• **What you should do**: Below are some entries. Count the lines where "RunRequest" appears and state only that number.

Dataset entries
=== Begin Enclosure ===

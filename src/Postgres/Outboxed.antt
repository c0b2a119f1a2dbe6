-- ===== src/Postgres/Outboxed.antt =====
-- internal/store/postgres/repository.go and internal/outbox/postgres/repository.go: runs and outbox
-- over sequences of calls.
use reliable_agent_runtime.Prelude.{
  Bool, Bool-cases, List, Option-cases, Result, String, [], arith, fail_if, inl, inr, leb_ℤ, ltb,
  not, pos, select, ℕ, ◌&&◌, ◌==◌, ◌||◌, ◌∷◌,
}
use reliable_agent_runtime.Domain.{
  Duration, EventType, FinalResult, RawMessage, RunEvent, RunRequest, Time,
}
use reliable_agent_runtime.Outbox.Ownership.{OutboxCall, apply}
use reliable_agent_runtime.Postgres.Leases.{
  checkpoint_of, foremost, is_ahead_of, is_leasable, pg_lease_next, pg_renew_lease,
  pg_save_checkpoint,
}
use reliable_agent_runtime.Postgres.Methods.{
  append_row, create_row, finish_row, has_key, pg_append_event, pg_create_run, pg_finish_run,
}
use reliable_agent_runtime.Postgres.Mirror.{
  After, After-bind, InMirror, Mirrors, apply-Mirrors, commit-Mirrors,
  insert_event_and_outbox-After,
}
use reliable_agent_runtime.Postgres.Tables.{Database, RunRow, first_where, is_leased_to}
use reliable_agent_runtime.Store.{
  Checkpoint, Encoders, StoreError, lease_lost, request_hash, validate_terminal_event,
}

-- A writing call of one of the two repositories on the same database.
pub data DatabaseCall : Type 0 where
  pg_creates : RunRequest → Time → DatabaseCall
  pg_leases : (RunRow → Bool) → String → Time → Duration → DatabaseCall
  pg_renews : String → String → ℕ → Time → Duration → DatabaseCall
  pg_appends : String → String → ℕ → EventType → RawMessage → Time → DatabaseCall
  pg_saves : String → Checkpoint → DatabaseCall
  pg_finishes : String → String → ℕ → FinalResult → EventType → Time → DatabaseCall
  publishes : OutboxCall → DatabaseCall

abbrev pub empty_database : Database
empty_database = record {
  runs = [];
  attempts = [];
  events = [];
  checkpoints = [];
  outbox = [];
  serial = 0;
}

module _ (enc : Encoders) (marshal_event : RunEvent → Result StoreError RawMessage) where
  unfoldable pub pg_step : Database → DatabaseCall → Database
  unfolding apply
  pg_step db (pg_creates request now) = (pg_create_run enc marshal_event db request now).0
  pg_step db (pg_leases locked worker now ttl) = (pg_lease_next locked db worker now ttl).0
  pg_step db (pg_renews id worker fence now ttl) = (pg_renew_lease db id worker fence now ttl).0
  pg_step db (pg_appends id worker fence type payload now) =
      (pg_append_event enc marshal_event db id worker fence type payload now).0
  pg_step db (pg_saves worker checkpoint) = (pg_save_checkpoint db worker checkpoint).0
  pg_step db (pg_finishes id worker fence result type now) =
      (pg_finish_run enc marshal_event db id worker fence result type now).0
  pg_step db (publishes call) = record db { outbox = apply db.outbox call }

  unfoldable pub pg_history : Database → List DatabaseCall → Database
  unfolding pg_step
  pg_history db [] = db
  pg_history db (call ∷ calls) = pg_history (pg_step db call) calls

  create_row-After :
      (db : Database) (request : RunRequest) (hash : String) (payload : RawMessage) (now : Time)
      → InMirror marshal_event db
      → After marshal_event (create_row enc marshal_event db request hash payload now)
  unfolding create_row
  create_row-After db request hash payload now h =
      elim (Option-cases (first_where (has_key request) db.runs)) [
        | inr (r, known) ↦
            rw (known, create_row)
              (elim (Bool-cases (r.request_hash == hash)) [
                | inl same ↦ rw same h
                | inr other_request ↦ rw other_request tt
              ])
        | inl fresh ↦
            rw (fresh, create_row)
              (elim (Option-cases (first_where (λ r. r.id == request.run_id) db.runs)) [
                | inr (r, taken) ↦ rw taken tt
                | inl free ↦ rw free (insert_event_and_outbox-After marshal_event _ _ _ h)
              ])
      ]

  append_row-After :
      (db : Database) (id worker : String) (fence : ℕ) (type : EventType) (payload : RawMessage)
      (now : Time)
      → InMirror marshal_event db
      → After marshal_event (append_row enc marshal_event db id worker fence type payload now)
  unfolding append_row
  append_row-After db id worker fence type payload now h =
      elim (Option-cases (first_where (is_leased_to id worker fence now) db.runs)) [
        | inl lost ↦ rw (lost, append_row) tt
        | inr (r, found) ↦
            rw (found, append_row) (insert_event_and_outbox-After marshal_event _ _ _ h)
      ]

  finish_row-After :
      (db : Database) (id worker : String) (fence : ℕ) (result : FinalResult) (type : EventType)
      (payload : RawMessage) (now : Time)
      → InMirror marshal_event db
      → After marshal_event
          (finish_row enc marshal_event db id worker fence result type payload now)
  unfolding finish_row
  finish_row-After db id worker fence result type payload now h =
      elim (Option-cases (first_where (is_leased_to id worker fence now) db.runs)) [
        | inl lost ↦ rw (lost, finish_row) tt
        | inr (r, found) ↦
            rw (found, finish_row) (insert_event_and_outbox-After marshal_event _ _ _ h)
      ]

  pg_lease_next-InMirror :
      (locked : RunRow → Bool) (db : Database) (worker : String) (now : Time) (ttl : Duration)
      → InMirror marshal_event db
      → InMirror marshal_event (pg_lease_next locked db worker now ttl).0
  unfolding pg_lease_next
  pg_lease_next-InMirror locked db worker now ttl h =
      elim (Bool-cases (worker == "" || leb_ℤ ttl (pos 0))) [
        | inl invalid ↦ rw (invalid, pg_lease_next) h
        | inr valid ↦
            elim (Option-cases
              (foremost (select (λ r. is_leasable now r && not (locked r)) db.runs))) [
                | inl nothing ↦ rw (valid, pg_lease_next) (rw nothing h)
                | inr (r, found) ↦ rw (valid, pg_lease_next) (rw found h)
              ]
      ]

  pg_save_checkpoint-InMirror :
      (db : Database) (worker : String) (c : Checkpoint)
      → InMirror marshal_event db
      → InMirror marshal_event (pg_save_checkpoint db worker c).0
  unfolding pg_save_checkpoint
  pg_save_checkpoint-InMirror db worker c h =
      let held_now = is_leased_to c.run_id worker c.fence_token c.created_at in
      elim (Bool-cases (worker == "")) [
        | inl unnamed ↦ rw (unnamed, pg_save_checkpoint) h
        | inr named ↦ elim (Option-cases (first_where held_now db.runs)) [
          | inl lost ↦ rw (named, pg_save_checkpoint) (rw lost h)
          | inr (r, found) ↦
              rw (named, pg_save_checkpoint)
                (rw found (elim (Bool-cases (ltb r.last_event_seq c.event_sequence)) [
                  | inl ahead ↦ rw ahead h
                  | inr behind ↦
                      rw behind
                        (elim (Bool-cases (
                          is_ahead_of (first_where (checkpoint_of c.run_id) db.checkpoints)
                            c.event_sequence)) [ inl stale ↦ rw stale h | inr fresh ↦ rw fresh h ])
                ]))
        ]
      ]

  pg_step-InMirror :
      (db : Database) (call : DatabaseCall)
      → InMirror marshal_event db
      → InMirror marshal_event (pg_step db call)
  unfolding pg_step pg_create_run pg_lease_next pg_renew_lease pg_save_checkpoint pg_finish_run
      pg_append_event
  pg_step-InMirror db (pg_creates request now) h = commit-Mirrors marshal_event db _ h (
      After-bind marshal_event (request_hash enc request) _ (λ hash.
        After-bind marshal_event (enc.marshal_created request.mode request.manifest) _
          (λ payload. create_row-After db request hash payload now h)))
  pg_step-InMirror db (pg_leases locked worker now ttl) h =
      pg_lease_next-InMirror locked db worker now ttl h
  pg_step-InMirror db (pg_renews id worker fence now ttl) h = ground (arith, h)
  pg_step-InMirror db (pg_appends id worker fence type payload now) h =
      commit-Mirrors marshal_event db _ h (
        After-bind marshal_event (fail_if (worker == "") lease_lost) _
          (λ named. append_row-After db id worker fence type payload now h))
  pg_step-InMirror db (pg_saves worker checkpoint) h =
      pg_save_checkpoint-InMirror db worker checkpoint h
  pg_step-InMirror db (pg_finishes id worker fence result type now) h =
      commit-Mirrors marshal_event db _ h (
        After-bind marshal_event (validate_terminal_event result type) _ (λ checked.
          After-bind marshal_event (enc.marshal_result result) _
            (λ payload. finish_row-After db id worker fence result type payload now h)))
  pg_step-InMirror db (publishes call) h = apply-Mirrors marshal_event db.events db.outbox call h

  pg_history-InMirror :
      (db : Database) (calls : List DatabaseCall)
      → InMirror marshal_event db
      → InMirror marshal_event (pg_history db calls)
  unfolding pg_history
  pg_history-InMirror db [] h = h
  pg_history-InMirror db (call ∷ calls) h =
      pg_history-InMirror (pg_step db call) calls (pg_step-InMirror db call h)

  -- After any sequence of calls of both repositories on an empty database, those that fail included,
  -- the outbox has one message for each event of a run, in the order in which the events were added:
  -- with the run's identifier, the event's type and its encoding.
  pub pg_history-Mirrors :
      (calls : List DatabaseCall)
      → Mirrors marshal_event
          (pg_history empty_database calls).events
          (pg_history empty_database calls).outbox
  pg_history-Mirrors calls = pg_history-InMirror empty_database calls tt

=== End Enclosure ===

• **Response to the exercise**: 3